- [Description of the task]: Transcribe word for word the lines below from the line with "(b : Batch C) (ds" through the line with "write_now bump_rows insert_on_conflict", ends included.

(Input data Opens)

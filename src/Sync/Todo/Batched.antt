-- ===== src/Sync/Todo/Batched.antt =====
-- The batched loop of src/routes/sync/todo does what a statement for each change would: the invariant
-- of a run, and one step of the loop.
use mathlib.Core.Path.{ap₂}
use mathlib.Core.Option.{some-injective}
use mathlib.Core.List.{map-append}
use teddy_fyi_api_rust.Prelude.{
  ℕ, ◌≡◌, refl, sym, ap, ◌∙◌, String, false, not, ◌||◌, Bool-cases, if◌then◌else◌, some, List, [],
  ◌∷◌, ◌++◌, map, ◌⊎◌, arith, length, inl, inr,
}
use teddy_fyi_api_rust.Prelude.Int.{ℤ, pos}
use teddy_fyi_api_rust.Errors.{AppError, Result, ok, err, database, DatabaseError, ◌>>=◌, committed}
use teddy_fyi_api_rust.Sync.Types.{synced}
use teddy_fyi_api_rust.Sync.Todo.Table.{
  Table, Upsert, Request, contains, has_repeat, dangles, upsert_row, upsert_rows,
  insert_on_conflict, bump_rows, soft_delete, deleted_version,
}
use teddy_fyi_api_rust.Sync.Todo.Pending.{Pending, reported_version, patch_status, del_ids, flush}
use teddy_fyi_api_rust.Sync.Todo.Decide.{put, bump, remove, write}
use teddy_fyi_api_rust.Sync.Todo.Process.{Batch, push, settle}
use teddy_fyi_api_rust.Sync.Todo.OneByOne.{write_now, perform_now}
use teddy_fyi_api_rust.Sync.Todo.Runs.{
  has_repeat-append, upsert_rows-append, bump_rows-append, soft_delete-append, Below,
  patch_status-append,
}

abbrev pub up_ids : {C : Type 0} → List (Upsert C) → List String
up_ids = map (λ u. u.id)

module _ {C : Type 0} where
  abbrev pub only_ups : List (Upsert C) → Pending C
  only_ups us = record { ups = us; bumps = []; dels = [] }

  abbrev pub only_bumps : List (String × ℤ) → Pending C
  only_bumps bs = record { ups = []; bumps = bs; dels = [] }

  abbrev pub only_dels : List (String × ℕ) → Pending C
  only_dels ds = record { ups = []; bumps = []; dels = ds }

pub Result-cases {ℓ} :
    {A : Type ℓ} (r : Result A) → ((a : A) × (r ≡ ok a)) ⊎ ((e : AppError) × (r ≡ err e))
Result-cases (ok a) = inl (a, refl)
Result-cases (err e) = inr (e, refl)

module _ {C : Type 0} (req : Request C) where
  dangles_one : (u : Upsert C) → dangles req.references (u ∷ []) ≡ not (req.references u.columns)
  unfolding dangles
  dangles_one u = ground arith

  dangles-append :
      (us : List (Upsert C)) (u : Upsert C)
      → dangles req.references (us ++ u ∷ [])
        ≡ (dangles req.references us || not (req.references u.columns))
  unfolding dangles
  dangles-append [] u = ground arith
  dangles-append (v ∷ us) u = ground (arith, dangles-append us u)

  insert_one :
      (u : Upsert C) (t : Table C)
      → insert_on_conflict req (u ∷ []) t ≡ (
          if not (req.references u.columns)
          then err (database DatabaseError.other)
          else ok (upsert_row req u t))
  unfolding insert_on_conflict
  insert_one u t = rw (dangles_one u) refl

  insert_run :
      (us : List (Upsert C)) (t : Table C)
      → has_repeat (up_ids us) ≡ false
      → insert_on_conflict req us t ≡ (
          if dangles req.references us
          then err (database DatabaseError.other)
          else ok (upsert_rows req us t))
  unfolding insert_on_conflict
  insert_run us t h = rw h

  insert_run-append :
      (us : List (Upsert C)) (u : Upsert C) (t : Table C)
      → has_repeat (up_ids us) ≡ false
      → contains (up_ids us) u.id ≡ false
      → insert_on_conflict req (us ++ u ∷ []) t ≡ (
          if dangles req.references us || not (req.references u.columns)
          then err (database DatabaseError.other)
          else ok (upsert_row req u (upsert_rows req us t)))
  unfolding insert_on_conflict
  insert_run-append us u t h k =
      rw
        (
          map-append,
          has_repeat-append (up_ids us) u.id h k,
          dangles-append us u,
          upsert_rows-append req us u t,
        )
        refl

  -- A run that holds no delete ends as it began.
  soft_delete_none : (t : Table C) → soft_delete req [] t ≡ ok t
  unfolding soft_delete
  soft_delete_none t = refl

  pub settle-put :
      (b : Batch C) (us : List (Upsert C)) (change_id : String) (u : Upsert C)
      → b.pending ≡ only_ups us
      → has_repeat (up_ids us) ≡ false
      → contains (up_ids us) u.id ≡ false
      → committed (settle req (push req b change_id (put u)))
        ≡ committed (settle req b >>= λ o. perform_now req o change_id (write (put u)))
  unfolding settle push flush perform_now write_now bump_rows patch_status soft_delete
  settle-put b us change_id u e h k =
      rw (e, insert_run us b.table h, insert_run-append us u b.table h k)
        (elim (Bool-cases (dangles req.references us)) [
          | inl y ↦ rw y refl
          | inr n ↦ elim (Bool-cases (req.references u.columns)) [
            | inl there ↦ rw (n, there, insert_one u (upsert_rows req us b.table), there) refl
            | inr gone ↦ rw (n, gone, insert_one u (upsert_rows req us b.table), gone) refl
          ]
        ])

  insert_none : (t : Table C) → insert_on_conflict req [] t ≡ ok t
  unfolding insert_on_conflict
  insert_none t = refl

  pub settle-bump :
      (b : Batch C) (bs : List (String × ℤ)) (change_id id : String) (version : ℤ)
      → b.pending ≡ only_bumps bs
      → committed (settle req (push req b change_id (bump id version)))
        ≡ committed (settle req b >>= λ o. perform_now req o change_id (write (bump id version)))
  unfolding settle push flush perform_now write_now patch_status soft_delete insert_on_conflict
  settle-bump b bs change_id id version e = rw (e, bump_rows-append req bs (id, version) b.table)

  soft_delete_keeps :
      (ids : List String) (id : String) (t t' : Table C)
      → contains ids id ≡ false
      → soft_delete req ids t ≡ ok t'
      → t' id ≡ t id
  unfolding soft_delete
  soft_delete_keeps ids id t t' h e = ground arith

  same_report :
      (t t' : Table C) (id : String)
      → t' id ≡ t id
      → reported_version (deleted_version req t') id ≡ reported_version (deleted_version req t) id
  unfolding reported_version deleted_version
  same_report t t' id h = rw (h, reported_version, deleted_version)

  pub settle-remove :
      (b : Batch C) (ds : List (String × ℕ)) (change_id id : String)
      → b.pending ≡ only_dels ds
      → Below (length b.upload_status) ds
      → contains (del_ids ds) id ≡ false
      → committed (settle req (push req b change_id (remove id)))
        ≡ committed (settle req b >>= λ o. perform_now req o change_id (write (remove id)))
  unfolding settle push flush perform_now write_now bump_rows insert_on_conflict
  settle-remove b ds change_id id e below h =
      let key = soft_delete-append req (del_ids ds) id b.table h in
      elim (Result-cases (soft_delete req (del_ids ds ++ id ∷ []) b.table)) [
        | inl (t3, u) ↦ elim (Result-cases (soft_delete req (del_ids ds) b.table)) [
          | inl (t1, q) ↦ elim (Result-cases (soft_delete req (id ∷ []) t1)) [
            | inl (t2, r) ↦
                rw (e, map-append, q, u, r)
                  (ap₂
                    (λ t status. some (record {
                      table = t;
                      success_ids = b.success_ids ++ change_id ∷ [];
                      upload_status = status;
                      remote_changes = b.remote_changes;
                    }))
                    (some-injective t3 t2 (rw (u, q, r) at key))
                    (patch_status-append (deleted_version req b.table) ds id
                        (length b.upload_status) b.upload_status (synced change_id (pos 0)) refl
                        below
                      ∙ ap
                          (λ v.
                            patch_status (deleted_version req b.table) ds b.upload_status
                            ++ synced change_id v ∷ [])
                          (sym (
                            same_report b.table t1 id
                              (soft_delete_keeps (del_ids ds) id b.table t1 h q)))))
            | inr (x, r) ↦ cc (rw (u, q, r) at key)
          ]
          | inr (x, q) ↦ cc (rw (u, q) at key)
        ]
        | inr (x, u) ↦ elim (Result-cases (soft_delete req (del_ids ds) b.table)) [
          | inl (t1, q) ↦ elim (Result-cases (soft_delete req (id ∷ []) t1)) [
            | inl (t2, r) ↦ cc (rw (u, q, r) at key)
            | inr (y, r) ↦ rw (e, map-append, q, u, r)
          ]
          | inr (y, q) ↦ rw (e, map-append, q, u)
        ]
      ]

(Input data Closes)

- [Answer space]:
      (b : Batch C) (ds : List (String × ℕ)) (change_id id : String)
      → b.pending ≡ only_dels ds
      → Below (length b.upload_status) ds
      → contains (del_ids ds) id ≡ false
      → committed (settle req (push req b change_id (remove id)))
        ≡ committed (settle req b >>= λ o. perform_now req o change_id (write (remove id)))
  unfolding settle push flush perform_now write_now bump_rows insert_on_conflict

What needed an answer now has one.